Records shown =
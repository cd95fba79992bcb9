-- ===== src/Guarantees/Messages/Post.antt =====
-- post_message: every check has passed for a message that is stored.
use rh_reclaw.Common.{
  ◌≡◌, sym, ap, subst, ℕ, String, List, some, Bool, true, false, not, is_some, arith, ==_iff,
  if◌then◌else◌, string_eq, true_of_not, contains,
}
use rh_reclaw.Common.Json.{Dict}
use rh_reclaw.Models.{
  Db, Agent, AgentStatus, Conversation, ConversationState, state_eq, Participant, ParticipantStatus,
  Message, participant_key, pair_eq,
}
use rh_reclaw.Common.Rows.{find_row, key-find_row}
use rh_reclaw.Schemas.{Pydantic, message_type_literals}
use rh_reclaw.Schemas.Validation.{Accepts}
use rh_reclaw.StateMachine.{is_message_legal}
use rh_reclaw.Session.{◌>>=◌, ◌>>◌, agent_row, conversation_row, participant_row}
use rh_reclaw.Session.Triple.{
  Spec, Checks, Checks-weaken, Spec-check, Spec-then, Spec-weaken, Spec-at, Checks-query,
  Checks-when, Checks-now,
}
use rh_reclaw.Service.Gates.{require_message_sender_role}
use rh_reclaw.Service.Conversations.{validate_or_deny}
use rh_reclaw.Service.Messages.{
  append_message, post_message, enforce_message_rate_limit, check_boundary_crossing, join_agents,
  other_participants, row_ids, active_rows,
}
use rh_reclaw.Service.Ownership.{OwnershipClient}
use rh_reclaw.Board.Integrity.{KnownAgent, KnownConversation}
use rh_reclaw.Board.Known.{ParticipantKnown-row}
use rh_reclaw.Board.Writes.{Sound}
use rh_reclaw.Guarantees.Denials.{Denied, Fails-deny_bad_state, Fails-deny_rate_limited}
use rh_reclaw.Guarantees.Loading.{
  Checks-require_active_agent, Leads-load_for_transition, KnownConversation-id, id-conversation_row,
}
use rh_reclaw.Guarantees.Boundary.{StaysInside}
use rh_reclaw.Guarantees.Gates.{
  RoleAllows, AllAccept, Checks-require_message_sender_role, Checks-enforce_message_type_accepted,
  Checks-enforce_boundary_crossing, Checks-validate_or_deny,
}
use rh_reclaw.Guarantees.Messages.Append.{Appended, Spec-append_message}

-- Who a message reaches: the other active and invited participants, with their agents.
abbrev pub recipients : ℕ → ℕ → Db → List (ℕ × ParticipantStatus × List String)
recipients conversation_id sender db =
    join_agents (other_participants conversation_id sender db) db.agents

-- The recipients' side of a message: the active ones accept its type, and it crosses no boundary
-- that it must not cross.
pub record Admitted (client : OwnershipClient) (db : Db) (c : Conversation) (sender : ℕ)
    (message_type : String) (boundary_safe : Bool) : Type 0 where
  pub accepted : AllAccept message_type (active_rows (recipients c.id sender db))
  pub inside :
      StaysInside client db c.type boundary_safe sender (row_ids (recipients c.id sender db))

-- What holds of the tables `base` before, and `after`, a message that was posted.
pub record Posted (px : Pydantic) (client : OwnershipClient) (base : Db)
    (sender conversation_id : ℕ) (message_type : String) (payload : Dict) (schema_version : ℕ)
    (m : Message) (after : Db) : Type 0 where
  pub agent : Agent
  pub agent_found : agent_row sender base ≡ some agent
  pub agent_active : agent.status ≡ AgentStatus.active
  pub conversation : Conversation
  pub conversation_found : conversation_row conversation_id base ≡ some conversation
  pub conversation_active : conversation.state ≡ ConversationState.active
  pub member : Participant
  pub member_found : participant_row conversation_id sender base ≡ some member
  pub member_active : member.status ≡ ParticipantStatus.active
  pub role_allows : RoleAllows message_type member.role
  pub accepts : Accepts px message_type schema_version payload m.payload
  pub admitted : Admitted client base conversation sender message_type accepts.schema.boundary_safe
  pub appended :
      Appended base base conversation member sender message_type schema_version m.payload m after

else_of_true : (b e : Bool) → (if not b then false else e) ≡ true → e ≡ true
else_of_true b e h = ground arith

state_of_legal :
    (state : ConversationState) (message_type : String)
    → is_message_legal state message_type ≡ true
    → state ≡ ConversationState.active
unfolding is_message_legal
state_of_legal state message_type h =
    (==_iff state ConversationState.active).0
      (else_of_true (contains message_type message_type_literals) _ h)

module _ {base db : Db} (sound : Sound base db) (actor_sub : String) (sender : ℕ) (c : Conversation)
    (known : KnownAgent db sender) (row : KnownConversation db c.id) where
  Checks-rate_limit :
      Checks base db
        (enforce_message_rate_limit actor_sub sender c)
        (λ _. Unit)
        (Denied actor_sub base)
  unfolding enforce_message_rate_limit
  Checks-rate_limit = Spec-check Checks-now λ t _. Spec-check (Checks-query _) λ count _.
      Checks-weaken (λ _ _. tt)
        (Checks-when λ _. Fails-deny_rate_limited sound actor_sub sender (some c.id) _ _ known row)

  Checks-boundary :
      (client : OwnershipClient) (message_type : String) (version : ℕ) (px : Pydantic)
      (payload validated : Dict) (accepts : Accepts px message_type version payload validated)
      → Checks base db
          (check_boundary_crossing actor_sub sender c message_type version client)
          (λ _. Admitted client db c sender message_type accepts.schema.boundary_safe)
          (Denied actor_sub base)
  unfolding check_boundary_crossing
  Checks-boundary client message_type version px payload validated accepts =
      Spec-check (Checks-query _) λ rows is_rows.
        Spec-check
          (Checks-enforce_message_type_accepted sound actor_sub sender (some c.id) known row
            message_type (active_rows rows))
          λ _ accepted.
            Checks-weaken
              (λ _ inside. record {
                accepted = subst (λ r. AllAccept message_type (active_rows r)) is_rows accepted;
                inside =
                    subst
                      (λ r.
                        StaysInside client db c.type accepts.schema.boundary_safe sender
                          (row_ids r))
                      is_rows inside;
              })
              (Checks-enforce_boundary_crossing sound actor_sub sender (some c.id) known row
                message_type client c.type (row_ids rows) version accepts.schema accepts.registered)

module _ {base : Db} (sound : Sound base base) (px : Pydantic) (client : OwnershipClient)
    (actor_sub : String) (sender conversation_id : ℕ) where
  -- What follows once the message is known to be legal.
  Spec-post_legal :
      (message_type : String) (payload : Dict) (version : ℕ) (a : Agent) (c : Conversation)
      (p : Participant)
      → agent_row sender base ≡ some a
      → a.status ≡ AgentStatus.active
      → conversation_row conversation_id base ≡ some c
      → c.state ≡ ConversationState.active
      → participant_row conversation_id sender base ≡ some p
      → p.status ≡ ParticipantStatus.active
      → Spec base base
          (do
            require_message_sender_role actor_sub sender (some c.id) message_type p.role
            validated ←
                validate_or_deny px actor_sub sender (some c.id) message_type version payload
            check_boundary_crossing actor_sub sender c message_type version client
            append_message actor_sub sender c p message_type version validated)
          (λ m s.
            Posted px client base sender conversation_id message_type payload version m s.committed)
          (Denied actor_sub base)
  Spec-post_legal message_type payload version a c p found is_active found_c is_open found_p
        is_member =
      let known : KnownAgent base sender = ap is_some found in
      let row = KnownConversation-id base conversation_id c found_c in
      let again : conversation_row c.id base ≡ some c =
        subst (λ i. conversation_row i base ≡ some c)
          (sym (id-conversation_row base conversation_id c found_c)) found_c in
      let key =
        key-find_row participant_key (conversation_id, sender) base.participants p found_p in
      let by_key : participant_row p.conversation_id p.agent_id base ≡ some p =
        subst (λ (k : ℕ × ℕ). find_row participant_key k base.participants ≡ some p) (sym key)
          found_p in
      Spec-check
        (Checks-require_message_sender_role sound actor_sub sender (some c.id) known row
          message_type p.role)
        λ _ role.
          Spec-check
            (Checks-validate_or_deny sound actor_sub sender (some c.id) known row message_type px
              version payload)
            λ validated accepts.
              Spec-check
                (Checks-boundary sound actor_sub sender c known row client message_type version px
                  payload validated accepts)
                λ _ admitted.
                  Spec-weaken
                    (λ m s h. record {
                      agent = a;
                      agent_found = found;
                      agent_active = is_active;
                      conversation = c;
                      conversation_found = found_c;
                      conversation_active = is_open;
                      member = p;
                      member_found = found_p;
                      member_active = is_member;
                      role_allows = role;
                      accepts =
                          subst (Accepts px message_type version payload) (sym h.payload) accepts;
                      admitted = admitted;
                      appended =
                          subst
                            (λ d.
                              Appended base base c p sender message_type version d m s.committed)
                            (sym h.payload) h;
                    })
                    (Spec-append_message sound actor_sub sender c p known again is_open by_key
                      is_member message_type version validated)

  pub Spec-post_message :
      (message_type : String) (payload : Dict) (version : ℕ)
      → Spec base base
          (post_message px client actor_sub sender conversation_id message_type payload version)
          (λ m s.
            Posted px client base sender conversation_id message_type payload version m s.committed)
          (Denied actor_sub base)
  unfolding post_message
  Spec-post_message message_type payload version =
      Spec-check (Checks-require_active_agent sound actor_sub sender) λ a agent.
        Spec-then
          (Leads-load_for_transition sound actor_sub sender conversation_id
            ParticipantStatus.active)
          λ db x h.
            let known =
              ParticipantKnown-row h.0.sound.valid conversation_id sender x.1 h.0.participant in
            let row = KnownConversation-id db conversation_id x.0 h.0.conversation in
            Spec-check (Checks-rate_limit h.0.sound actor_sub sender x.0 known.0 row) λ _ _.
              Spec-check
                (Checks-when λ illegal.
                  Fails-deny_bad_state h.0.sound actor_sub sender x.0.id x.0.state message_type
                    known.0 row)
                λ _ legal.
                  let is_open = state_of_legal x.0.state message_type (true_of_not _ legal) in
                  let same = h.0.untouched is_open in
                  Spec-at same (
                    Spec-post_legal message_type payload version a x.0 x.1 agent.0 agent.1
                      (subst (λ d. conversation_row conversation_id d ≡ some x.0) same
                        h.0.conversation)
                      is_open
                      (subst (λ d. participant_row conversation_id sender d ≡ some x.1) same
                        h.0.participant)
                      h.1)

==

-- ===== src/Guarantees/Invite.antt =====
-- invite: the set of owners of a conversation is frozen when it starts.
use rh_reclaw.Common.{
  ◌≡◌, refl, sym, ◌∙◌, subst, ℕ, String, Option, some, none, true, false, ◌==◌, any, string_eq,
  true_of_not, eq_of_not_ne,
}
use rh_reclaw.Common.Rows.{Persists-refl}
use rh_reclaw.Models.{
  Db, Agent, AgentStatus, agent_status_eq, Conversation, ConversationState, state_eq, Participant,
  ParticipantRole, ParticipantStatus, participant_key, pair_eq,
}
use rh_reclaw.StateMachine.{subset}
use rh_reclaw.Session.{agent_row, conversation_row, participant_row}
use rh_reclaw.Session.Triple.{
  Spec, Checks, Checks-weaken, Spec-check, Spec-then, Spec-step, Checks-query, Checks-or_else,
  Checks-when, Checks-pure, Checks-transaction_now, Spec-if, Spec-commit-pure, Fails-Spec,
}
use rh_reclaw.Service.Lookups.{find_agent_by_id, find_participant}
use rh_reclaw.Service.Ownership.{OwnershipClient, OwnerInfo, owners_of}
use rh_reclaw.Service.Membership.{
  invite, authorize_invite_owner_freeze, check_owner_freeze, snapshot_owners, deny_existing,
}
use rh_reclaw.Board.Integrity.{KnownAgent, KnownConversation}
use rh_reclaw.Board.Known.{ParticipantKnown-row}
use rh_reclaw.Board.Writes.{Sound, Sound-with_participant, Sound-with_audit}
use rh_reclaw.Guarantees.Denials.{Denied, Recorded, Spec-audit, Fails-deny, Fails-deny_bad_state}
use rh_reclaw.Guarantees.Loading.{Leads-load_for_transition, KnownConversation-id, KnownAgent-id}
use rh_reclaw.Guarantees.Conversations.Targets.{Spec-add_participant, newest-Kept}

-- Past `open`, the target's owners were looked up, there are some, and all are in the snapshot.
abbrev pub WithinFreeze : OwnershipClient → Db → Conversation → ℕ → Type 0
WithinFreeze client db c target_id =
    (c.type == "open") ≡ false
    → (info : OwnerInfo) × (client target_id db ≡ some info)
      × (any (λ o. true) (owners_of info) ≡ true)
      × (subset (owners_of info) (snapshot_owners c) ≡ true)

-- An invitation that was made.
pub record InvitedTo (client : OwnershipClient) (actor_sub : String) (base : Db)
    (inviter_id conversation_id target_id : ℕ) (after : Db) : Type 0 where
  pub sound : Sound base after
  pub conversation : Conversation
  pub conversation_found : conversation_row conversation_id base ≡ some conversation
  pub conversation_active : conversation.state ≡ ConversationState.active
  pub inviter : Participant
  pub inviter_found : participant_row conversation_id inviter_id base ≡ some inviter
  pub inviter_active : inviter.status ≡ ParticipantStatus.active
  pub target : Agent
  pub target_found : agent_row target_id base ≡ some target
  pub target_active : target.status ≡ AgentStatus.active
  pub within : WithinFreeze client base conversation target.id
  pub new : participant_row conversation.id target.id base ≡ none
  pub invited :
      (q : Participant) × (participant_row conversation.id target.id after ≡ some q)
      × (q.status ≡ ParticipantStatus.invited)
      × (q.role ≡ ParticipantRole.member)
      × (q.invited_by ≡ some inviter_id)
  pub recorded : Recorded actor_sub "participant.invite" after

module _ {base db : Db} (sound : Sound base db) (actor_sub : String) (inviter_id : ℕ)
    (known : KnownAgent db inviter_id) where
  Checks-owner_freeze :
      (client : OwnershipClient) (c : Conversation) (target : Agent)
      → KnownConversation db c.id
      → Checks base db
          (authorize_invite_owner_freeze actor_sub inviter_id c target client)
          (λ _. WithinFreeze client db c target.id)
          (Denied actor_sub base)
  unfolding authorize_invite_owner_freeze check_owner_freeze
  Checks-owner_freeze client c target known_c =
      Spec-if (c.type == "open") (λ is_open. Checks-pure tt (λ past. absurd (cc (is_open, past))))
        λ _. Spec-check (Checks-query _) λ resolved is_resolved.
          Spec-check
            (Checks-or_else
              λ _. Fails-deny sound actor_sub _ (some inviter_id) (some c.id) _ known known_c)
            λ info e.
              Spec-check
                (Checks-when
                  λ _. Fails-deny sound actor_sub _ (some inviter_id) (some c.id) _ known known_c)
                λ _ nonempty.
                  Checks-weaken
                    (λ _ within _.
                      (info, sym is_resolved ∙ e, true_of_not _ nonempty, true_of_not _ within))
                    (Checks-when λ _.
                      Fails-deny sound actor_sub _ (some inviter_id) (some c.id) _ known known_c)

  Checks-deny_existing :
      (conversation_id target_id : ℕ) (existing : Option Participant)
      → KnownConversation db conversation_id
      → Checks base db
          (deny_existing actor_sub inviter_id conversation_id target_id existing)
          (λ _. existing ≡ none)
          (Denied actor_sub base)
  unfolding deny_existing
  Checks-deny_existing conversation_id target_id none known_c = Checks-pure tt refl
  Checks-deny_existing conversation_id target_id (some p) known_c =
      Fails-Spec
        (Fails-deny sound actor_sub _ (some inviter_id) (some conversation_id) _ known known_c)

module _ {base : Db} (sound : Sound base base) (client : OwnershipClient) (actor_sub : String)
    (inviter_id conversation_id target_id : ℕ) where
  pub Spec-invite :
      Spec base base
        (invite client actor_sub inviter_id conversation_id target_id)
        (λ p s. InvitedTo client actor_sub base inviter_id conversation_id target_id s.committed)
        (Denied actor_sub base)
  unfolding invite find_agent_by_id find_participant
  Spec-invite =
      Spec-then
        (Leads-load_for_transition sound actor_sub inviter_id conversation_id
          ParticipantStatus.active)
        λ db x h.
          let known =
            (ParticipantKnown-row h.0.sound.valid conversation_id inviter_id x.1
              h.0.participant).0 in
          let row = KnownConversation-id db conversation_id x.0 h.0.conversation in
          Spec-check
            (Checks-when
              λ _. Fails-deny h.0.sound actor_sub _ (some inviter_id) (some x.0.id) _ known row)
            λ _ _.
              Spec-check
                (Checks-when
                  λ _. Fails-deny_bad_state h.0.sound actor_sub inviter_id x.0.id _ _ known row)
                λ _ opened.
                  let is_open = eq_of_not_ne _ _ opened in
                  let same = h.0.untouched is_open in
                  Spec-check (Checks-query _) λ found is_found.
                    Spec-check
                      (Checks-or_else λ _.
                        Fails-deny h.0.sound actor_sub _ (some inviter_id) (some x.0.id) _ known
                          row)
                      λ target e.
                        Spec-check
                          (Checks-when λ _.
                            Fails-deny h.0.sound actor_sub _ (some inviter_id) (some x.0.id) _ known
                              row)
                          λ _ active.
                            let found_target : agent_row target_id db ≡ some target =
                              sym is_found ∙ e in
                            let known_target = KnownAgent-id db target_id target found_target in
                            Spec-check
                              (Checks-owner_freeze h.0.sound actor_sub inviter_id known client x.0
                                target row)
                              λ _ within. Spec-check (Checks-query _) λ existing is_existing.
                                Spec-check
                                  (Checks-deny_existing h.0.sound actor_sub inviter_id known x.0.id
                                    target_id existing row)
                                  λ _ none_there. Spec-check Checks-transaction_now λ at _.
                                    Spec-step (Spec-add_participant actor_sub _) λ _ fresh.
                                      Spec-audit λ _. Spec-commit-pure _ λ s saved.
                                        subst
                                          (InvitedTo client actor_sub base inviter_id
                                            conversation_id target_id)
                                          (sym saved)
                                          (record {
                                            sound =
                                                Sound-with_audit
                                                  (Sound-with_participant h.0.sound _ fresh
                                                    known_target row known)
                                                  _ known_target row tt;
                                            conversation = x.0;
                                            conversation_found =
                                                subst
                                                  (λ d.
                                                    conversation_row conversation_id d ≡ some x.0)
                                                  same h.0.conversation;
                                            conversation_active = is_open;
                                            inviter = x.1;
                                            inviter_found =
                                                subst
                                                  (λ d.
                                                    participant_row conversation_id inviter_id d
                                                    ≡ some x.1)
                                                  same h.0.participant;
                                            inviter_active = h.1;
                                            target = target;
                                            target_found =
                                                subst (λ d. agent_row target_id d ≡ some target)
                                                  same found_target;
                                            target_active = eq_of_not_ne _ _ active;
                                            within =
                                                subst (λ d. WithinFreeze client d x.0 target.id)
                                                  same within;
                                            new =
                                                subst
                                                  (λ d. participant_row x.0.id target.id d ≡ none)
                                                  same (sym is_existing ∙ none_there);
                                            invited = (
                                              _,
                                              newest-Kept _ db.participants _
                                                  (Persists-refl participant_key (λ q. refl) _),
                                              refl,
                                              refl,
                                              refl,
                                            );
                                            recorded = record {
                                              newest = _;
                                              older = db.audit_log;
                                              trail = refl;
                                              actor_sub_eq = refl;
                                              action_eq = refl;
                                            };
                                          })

Problem to solve = Copy out each line of the entries where the word "Session" is found.

Result =
use rh_reclaw.Session.{◌>>=◌, ◌>>◌, agent_row, conversation_row, participant_row}
use rh_reclaw.Session.Triple.{
use rh_reclaw.Session.{agent_row, conversation_row, participant_row}
use rh_reclaw.Session.Triple.{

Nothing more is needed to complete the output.